» **WORK TO BE COMPLETED**
Scan the data for "Bool" and copy the lines it appears in.

» **PROVIDED DATA**

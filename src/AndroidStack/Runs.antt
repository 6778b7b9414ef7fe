-- ===== src/AndroidStack/Runs.antt =====
-- The turns of `run_tun_loop` keep the streams and what belongs to them consistent.
use medium.Common.{
  ◌≡◌, refl, ◌∙◌, inl, inr, Bool, true, false, List, [], ◌∷◌, arith, Option, none, some, Bytes,
  bytes_eq, bytes_eq_iff, Bool-cases, Result, ok, err, Map, has, map_get, map_insert, map_remove,
  map_keys, map_get-map_insert, map_get-map_remove,
}
use medium.AndroidStack.Backends.{
  ActiveBackend, BackendRoute, BackendConnectOutcome, StreamBackends, TcpPumpEvent, connected,
  received, closed, idle_len, new_backends, take_or_connect_backend, warm_up,
  flush_pending_to_writer, left_pending, flush_stream, flush_pending_backend, queued,
  queue_backend_write, close_stream, close_unless,
}
use medium.AndroidStack.Consistency.{
  IsConsistent, take_or_connect_backend-IsConsistent, warm_up_all-IsConsistent, inserted-has,
  kept-covered, remove_stream-IsConsistent,
}
use medium.AndroidStack.Events.{
  opened, open_route, open_backend, handle_event, close_all, note_failed, flush_all, pump_writes,
  read_streams, pump_reads, handle_events, turn, run_turns,
}

opened-IsConsistent :
    (id v : Bytes) (r : Result Bytes ActiveBackend × StreamBackends)
    → IsConsistent r.1
    → IsConsistent (opened id v r)
opened-IsConsistent id v (ok b, s) h = (
  λ j. inserted-has j id b v s.streams s.stream_services (h.0 j),
  λ j g. kept-covered j id b s.streams (h.1 j g),
  h.2,
  h.3,
)
opened-IsConsistent id v (err e, s) h = h

open_route-IsConsistent :
    (id v : Bytes) (route : Option BackendRoute) (s : StreamBackends)
    → IsConsistent s
    → IsConsistent (open_route id v route s)
open_route-IsConsistent id v none s h = h
open_route-IsConsistent id v (some route) s h =
    opened-IsConsistent id v (take_or_connect_backend v s)
      (take_or_connect_backend-IsConsistent v s h)

-- An entry that is replaced.
reinserted-has :
    {A : Type 0} (j k : Bytes) (a b : A) (m : Map A)
    → map_get k m ≡ some b
    → has (map_get j (map_insert k a m)) ≡ has (map_get j m)
reinserted-has j k a b m e = rw (map_get-map_insert j k a m) (elim (Bool-cases (bytes_eq k j)) [
  | inl f ↦ rw (f, ← (bytes_eq_iff k j).0 f, e) refl
  | inr f ↦ rw f refl
])

was_there :
    {A : Type 0} (j k : Bytes) (m : Map A)
    → has (map_get j (map_remove k m)) ≡ true
    → has (map_get j m) ≡ true
was_there j k m g = elim (Bool-cases (bytes_eq k j)) [
  | inl e ↦ let g' = rw (map_get-map_remove j k m, e) at g in cc
  | inr e ↦ rw (map_get-map_remove j k m, e) at g
]

-- An entry that is added for a stream.
added-covered :
    {A B : Type 0} (j k : Bytes) (a : A) (m : Map A) (n : Map B)
    → has (map_get k n) ≡ true
    → (has (map_get j m) ≡ true → has (map_get j n) ≡ true)
    → has (map_get j (map_insert k a m)) ≡ true
    → has (map_get j n) ≡ true
added-covered j k a m n there h g = elim (Bool-cases (bytes_eq k j)) [
  | inl e ↦ rw (← (bytes_eq_iff k j).0 e) there
  | inr e ↦ h (rw (map_get-map_insert j k a m, e) at g)
]

left-covered :
    {B : Type 0} (j id : Bytes) (fine : Bool) (pending : Bytes) (m : Map Bytes) (n : Map B)
    → has (map_get id n) ≡ true
    → (has (map_get j m) ≡ true → has (map_get j n) ≡ true)
    → has (map_get j (left_pending id fine pending m)) ≡ true
    → has (map_get j n) ≡ true
left-covered j id true [] m n there h g = h (was_there j id m g)
left-covered j id true (b ∷ pending) m n there h g = added-covered j id (b ∷ pending) m n there h g
left-covered j id false pending m n there h g = added-covered j id pending m n there h g

flush_stream-IsConsistent :
    (id : Bytes) (o : Option ActiveBackend) (pending : Option Bytes) (s : StreamBackends)
    → map_get id s.streams ≡ o
    → IsConsistent s
    → IsConsistent (flush_stream id o pending s).1
flush_stream-IsConsistent id none pending s e h =
    (h.0, λ j g. h.1 j (was_there j id s.pending_writes g), h.2, h.3)
flush_stream-IsConsistent id (some b) none s e h = h
flush_stream-IsConsistent id (some b) (some pending) s e h =
    let f = flush_pending_to_writer b.writes b.sent pending in
    let there : has (map_get id s.streams) ≡ true = rw e refl in
    (
      λ j. reinserted-has j id _ b s.streams e ∙ h.0 j,
      λ j g.
          reinserted-has j id _ b s.streams e
          ∙ left-covered j id f.fine f.pending s.pending_writes s.streams there (h.1 j) g,
      h.2,
      h.3,
    )

flush_pending_backend-IsConsistent :
    (id : Bytes) (s : StreamBackends) → IsConsistent s → IsConsistent (flush_pending_backend id s).1
unfolding flush_pending_backend
flush_pending_backend-IsConsistent id s h =
    flush_stream-IsConsistent id (map_get id s.streams) (map_get id s.pending_writes) s refl h

queue_backend_write-IsConsistent :
    (id bytes : Bytes) (s : StreamBackends)
    → IsConsistent s
    → IsConsistent (queue_backend_write id bytes s).1
unfolding queue_backend_write
queue_backend_write-IsConsistent id bytes s h = elim (Bool-cases (has (map_get id s.streams))) [
  | inl e ↦ rw e (
      flush_pending_backend-IsConsistent id (queued id bytes s)
        (h.0, λ j. added-covered j id _ s.pending_writes s.streams e (h.1 j), h.2, h.3))
  | inr e ↦ rw e h
]

close_unless-IsConsistent :
    (id : Bytes) (r : Bool × StreamBackends) → IsConsistent r.1 → IsConsistent (close_unless id r)
close_unless-IsConsistent id (true, s) h = h
close_unless-IsConsistent id (false, s) h = remove_stream-IsConsistent id s h

handle_event-IsConsistent :
    (e : TcpPumpEvent) (s : StreamBackends) → IsConsistent s → IsConsistent (handle_event e s)
unfolding handle_event open_backend
handle_event-IsConsistent (connected id v) s h =
    open_route-IsConsistent id v (map_get v s.routes) s h
handle_event-IsConsistent (received id bytes) s h =
    close_unless-IsConsistent id (queue_backend_write id bytes s)
      (queue_backend_write-IsConsistent id bytes s h)
handle_event-IsConsistent (closed id) s h = remove_stream-IsConsistent id s h

close_all-IsConsistent :
    (ids : List Bytes) (s : StreamBackends) → IsConsistent s → IsConsistent (close_all ids s)
unfolding close_all
close_all-IsConsistent [] s h = h
close_all-IsConsistent (id ∷ ids) s h =
    close_all-IsConsistent ids (close_stream id s) (remove_stream-IsConsistent id s h)

flush_all-IsConsistent :
    (ids failures : List Bytes) (s : StreamBackends)
    → IsConsistent s
    → IsConsistent (flush_all ids failures s).1
unfolding flush_all
flush_all-IsConsistent [] failures s h = h
flush_all-IsConsistent (id ∷ ids) failures s h =
    flush_all-IsConsistent ids (note_failed id (flush_pending_backend id s).0 failures)
      (flush_pending_backend id s).1 (flush_pending_backend-IsConsistent id s h)

pump_writes-IsConsistent : (s : StreamBackends) → IsConsistent s → IsConsistent (pump_writes s)
unfolding pump_writes
pump_writes-IsConsistent s h =
    close_all-IsConsistent _ _ (flush_all-IsConsistent (map_keys s.pending_writes) [] s h)

read_streams-has :
    (j : Bytes) (m : Map ActiveBackend) → has (map_get j (read_streams m).1) ≡ has (map_get j m)
unfolding read_streams map_get
read_streams-has j [] = refl
read_streams-has j ((id, b) ∷ m) = elim (Bool-cases (bytes_eq id j)) [
  | inl e ↦ rw e refl
  | inr e ↦ rw e (read_streams-has j m)
]

pump_reads-IsConsistent : (s : StreamBackends) → IsConsistent s → IsConsistent (pump_reads s)
unfolding pump_reads
pump_reads-IsConsistent s h = close_all-IsConsistent _ _ (
  λ j. read_streams-has j s.streams ∙ h.0 j,
  λ j g. read_streams-has j s.streams ∙ h.1 j g,
  h.2,
  h.3,
)

handle_events-IsConsistent :
    (es : List TcpPumpEvent) (s : StreamBackends)
    → IsConsistent s
    → IsConsistent (handle_events es s)
unfolding handle_events
handle_events-IsConsistent [] s h = h
handle_events-IsConsistent (e ∷ es) s h =
    handle_events-IsConsistent es (handle_event e s) (handle_event-IsConsistent e s h)

turns-IsConsistent :
    (turns : List (List TcpPumpEvent)) (s : StreamBackends)
    → IsConsistent s
    → IsConsistent (run_turns turns s)
unfolding run_turns turn
turns-IsConsistent [] s h = h
turns-IsConsistent (es ∷ turns) s h = turns-IsConsistent turns (turn es s) (
    pump_writes-IsConsistent _
      (pump_reads-IsConsistent _ (pump_writes-IsConsistent _ (handle_events-IsConsistent es s h))))

-- Whatever events come and whatever the backends do, after any turns of the loop from its start: the
-- streams are those that have a service, bytes are pending only for streams, and there is at most
-- one idle backend for each service.
pub run_turns-IsConsistent :
    (routes : Map BackendRoute) (connects : List (Result Bytes BackendConnectOutcome))
    (turns : List (List TcpPumpEvent))
    → IsConsistent (run_turns turns (warm_up (new_backends routes connects)))
unfolding warm_up new_backends map_get idle_len
run_turns-IsConsistent routes connects turns = turns-IsConsistent turns _ (
    warm_up_all-IsConsistent routes (new_backends routes connects)
      (λ j. refl, λ j g. cc, refl, λ v. omega arith))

» **RESULT FOR THIS TASK**
  ◌≡◌, refl, ◌∙◌, inl, inr, Bool, true, false, List, [], ◌∷◌, arith, Option, none, some, Bytes,
  bytes_eq, bytes_eq_iff, Bool-cases, Result, ok, err, Map, has, map_get, map_insert, map_remove,
reinserted-has j k a b m e = rw (map_get-map_insert j k a m) (elim (Bool-cases (bytes_eq k j)) [
was_there j k m g = elim (Bool-cases (bytes_eq k j)) [
added-covered j k a m n there h g = elim (Bool-cases (bytes_eq k j)) [
    {B : Type 0} (j id : Bytes) (fine : Bool) (pending : Bytes) (m : Map Bytes) (n : Map B)
queue_backend_write-IsConsistent id bytes s h = elim (Bool-cases (has (map_get id s.streams))) [
    (id : Bytes) (r : Bool × StreamBackends) → IsConsistent r.1 → IsConsistent (close_unless id r)
read_streams-has j ((id, b) ∷ m) = elim (Bool-cases (bytes_eq id j)) [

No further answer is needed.